Frühere Verwendung als Heilpflanze: Früher wurde die Pflanze als „reinigendes“ Mittel eingesetzt (Anmerkung des Redners: worauf sich dies bezieht ist unbekannt). Es soll zudem gegen Nasenbluten und zum Stillen von Blutungen eingesetzt worden sein. Im Buch „Das große Buch der Heilpflanzen“ des Apothekers M. Pahlow wird die Pflanze als wassertreibend angesehen. Hierin ist auch ein Rezept für einen Labkrauttee gegen Nierenleiden angegeben. Es handelt sich dabei aber wohl um ein „Hausmittelrezept“. Das echte Labkraut hat heutzutage keine medizinische Bedeutung mehr, da die Anerkennung in der Schulmedizin fehlt. Zum Teil wurde das Labkraut durch den Volksmund bei Nieren- und Blasenerkrankungen und bei schlecht heilenden Hautverletzungen empfohlen. Es gibt aber einige Kräuter die hier eine besser Möglichkeit darstellen. Von der Verwendung wird nicht explizit abgeraten, aber es ist nicht von großer Bedeutung in der Heilkunde.

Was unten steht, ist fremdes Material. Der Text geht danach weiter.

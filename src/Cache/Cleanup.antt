-- ===== src/Cache/Cleanup.antt =====
-- What the removal of expired entries leaves, and how many it reports.
use arguss.Base.{
  ℕ, ◌+◌, ◌≤◌, ◌≡◌, refl, ap, ◌∙◌, arith, true, false, not, ◌&&◌, Option, none, some, ltb, leb,
  Bool-cases, inl, inr, length, length-keep-le, keep-All, All, Text, text_eq, lookup, lookup-keep,
  if_kept, keys, Distinct,
}
use arguss.Base.Results.{Result}
use arguss.Base.Json.{Json}
use arguss.Cache.{
  CacheRow, Database, JsonError, decode, live, fetch_row, get_api_response, fresh_row,
  fresh_explanation, cleanup_expired,
}

-- A read at a later time does not see the rows that are removed.
live-if_kept :
    (now t : ℕ) (source : Text) (o : Option CacheRow)
    → now ≤ t
    → live source t (if_kept (λ row. not (leb row.expires_at now)) o) ≡ live source t o
unfolding live
live-if_kept now t source none h = refl
live-if_kept now t source (some row) h = elim (Bool-cases (leb row.expires_at now)) [
  | inl y ↦
      let off : ltb t row.expires_at ≡ false = ground arith in
      let dead : (text_eq row.source source && ltb t row.expires_at) ≡ false = ground arith in
      rw (y, dead) refl
  | inr n ↦ rw n refl
]

module _ (loads : Text → Result JsonError Json) where
  -- Where keys are different, removing the entries that expired by `now` changes no read from `now` on; it reports as
  -- many as it removes from both tables, and none that expired by `now` is left.
  pub cleanup-reads :
      (now t : ℕ) (source key : Text) (db : Database)
      → now ≤ t
      → Distinct (keys db.api_cache)
      → (get_api_response loads source key t (cleanup_expired now db).1
          ≡ get_api_response loads source key t db)
        × ((cleanup_expired now db).0
              + (length (cleanup_expired now db).1.api_cache
                  + length (cleanup_expired now db).1.ai_explanations)
            ≡ length db.api_cache + length db.ai_explanations)
        × All (λ e. fresh_row now e ≡ true) (cleanup_expired now db).1.api_cache
        × All (λ e. fresh_explanation now e ≡ true) (cleanup_expired now db).1.ai_explanations
  unfolding get_api_response fetch_row cleanup_expired
  cleanup-reads now t source key db h u = (
    ap (λ o. decode loads (live source t o))
          (lookup-keep (λ (row : CacheRow). not (leb row.expires_at now)) key db.api_cache u)
        ∙ ap (decode loads) (live-if_kept now t source (lookup key db.api_cache) h),
    omega (
      arith,
      length-keep-le (fresh_row now) db.api_cache,
      length-keep-le (fresh_explanation now) db.ai_explanations,
    ),
    keep-All (fresh_row now) db.api_cache,
    keep-All (fresh_explanation now) db.ai_explanations,
  )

Die Lüge: „Labkraut lässt den Käse gerinnen“
Die große Lüge: In vielen Fachbüchern und alten Schriften ist das folgende zu lesen: „Die Blüten des echten Labkraut wurden als Labmittel für Milch verwendet.“ So wird bereits in Disocorides Schriften (hier ist eine englische Übersetzung zu finden / hier wird ein Originaltext zitiert) eine Angabe als „Labersatz“ zu finden. Sie sollen die Pflanze zur Gerinnung von Käse eingesetzt haben. Dies ist nach der Meinung von dem Botaniker Adrian Möhl, Liz. phil. nat., Verfasser des Buches „Flora amabilis“, eine Lüge. „Es gibt keine nachgewiesenen Inhaltstoffe in der Pflanze die eine solche Wirkung auslösen können.“ – Durch weitere Recherchen eines auf pflanzliche Inhaltstoffe spezialisierten Chemikers ist eine geringe Menge an Labenzym in der Pflanze nachweisbar. Diese ist aber bei weitem nicht ausreichend für eine zufriedenstellende Gerinnung von Milch.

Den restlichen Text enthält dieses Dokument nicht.